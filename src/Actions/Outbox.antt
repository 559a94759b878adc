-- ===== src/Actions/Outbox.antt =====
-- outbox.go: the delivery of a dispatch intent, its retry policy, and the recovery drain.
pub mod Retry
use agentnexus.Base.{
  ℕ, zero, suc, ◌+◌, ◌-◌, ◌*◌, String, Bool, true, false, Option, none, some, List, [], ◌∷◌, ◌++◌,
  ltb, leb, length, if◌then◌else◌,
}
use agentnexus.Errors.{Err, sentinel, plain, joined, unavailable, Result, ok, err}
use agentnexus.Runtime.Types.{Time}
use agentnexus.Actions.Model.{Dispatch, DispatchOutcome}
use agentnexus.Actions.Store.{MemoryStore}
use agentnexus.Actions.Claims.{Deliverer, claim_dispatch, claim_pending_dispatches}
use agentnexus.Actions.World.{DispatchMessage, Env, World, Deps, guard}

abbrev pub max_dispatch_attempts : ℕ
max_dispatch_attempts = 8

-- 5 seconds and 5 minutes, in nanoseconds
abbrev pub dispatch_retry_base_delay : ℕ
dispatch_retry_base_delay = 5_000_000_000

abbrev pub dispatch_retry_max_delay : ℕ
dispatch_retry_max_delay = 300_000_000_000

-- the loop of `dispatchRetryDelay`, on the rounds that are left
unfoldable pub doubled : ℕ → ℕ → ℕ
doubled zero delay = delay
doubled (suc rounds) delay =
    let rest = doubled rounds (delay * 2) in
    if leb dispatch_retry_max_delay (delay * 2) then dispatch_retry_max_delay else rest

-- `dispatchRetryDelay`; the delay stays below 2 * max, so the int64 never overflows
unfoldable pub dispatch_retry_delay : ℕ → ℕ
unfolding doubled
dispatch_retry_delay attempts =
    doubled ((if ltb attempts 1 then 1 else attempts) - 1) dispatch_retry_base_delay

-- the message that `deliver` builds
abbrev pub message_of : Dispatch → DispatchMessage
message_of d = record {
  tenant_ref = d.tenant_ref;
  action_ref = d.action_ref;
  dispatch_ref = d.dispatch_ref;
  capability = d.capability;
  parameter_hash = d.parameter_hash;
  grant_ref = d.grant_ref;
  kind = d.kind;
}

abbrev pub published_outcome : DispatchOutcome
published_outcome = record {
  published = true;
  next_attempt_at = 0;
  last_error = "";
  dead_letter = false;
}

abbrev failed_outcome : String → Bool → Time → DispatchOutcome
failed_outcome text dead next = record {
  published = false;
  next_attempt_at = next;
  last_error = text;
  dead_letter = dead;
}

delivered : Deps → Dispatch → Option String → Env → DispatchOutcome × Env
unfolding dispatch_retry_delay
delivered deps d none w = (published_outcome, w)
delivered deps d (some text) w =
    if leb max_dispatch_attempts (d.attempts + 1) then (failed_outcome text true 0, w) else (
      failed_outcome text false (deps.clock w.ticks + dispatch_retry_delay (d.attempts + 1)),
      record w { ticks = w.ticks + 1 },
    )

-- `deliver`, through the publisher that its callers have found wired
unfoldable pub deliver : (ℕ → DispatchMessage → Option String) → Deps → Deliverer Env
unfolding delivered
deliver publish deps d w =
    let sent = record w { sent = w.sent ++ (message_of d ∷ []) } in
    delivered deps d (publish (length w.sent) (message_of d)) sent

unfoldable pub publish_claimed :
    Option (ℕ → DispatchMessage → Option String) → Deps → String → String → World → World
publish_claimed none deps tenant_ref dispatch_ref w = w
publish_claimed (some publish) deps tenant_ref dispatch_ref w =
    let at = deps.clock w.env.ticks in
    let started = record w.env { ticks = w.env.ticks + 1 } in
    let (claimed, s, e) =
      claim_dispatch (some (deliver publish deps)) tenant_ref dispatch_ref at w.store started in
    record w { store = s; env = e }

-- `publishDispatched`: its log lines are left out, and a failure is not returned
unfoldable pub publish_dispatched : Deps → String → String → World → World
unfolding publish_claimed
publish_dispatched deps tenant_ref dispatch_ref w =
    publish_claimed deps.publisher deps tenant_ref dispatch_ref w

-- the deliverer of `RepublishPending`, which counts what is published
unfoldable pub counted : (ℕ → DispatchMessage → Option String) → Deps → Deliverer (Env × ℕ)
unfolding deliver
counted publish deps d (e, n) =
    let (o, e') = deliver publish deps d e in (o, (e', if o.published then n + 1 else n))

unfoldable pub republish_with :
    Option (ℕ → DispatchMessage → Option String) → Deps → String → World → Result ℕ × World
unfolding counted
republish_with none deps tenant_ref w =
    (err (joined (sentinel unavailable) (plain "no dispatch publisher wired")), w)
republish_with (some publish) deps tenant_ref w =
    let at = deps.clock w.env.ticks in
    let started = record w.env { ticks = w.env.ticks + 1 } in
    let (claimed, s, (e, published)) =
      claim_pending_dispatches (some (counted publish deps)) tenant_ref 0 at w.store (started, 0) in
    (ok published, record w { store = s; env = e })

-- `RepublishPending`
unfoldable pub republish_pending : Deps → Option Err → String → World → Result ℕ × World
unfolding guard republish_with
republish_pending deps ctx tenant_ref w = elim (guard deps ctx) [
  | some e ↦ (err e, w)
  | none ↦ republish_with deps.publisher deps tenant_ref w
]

◇ ◇ ◇ ◇

- _What is expected_:
From the records above, print exactly the lines that run from the line with "counted publish deps d" to the line with "republish_with none deps", inclusive.

- _Finished task_:
counted publish deps d (e, n) =
    let (o, e') = deliver publish deps d e in (o, (e', if o.published then n + 1 else n))

unfoldable pub republish_with :
    Option (ℕ → DispatchMessage → Option String) → Deps → String → World → Result ℕ × World
unfolding counted
republish_with none deps tenant_ref w =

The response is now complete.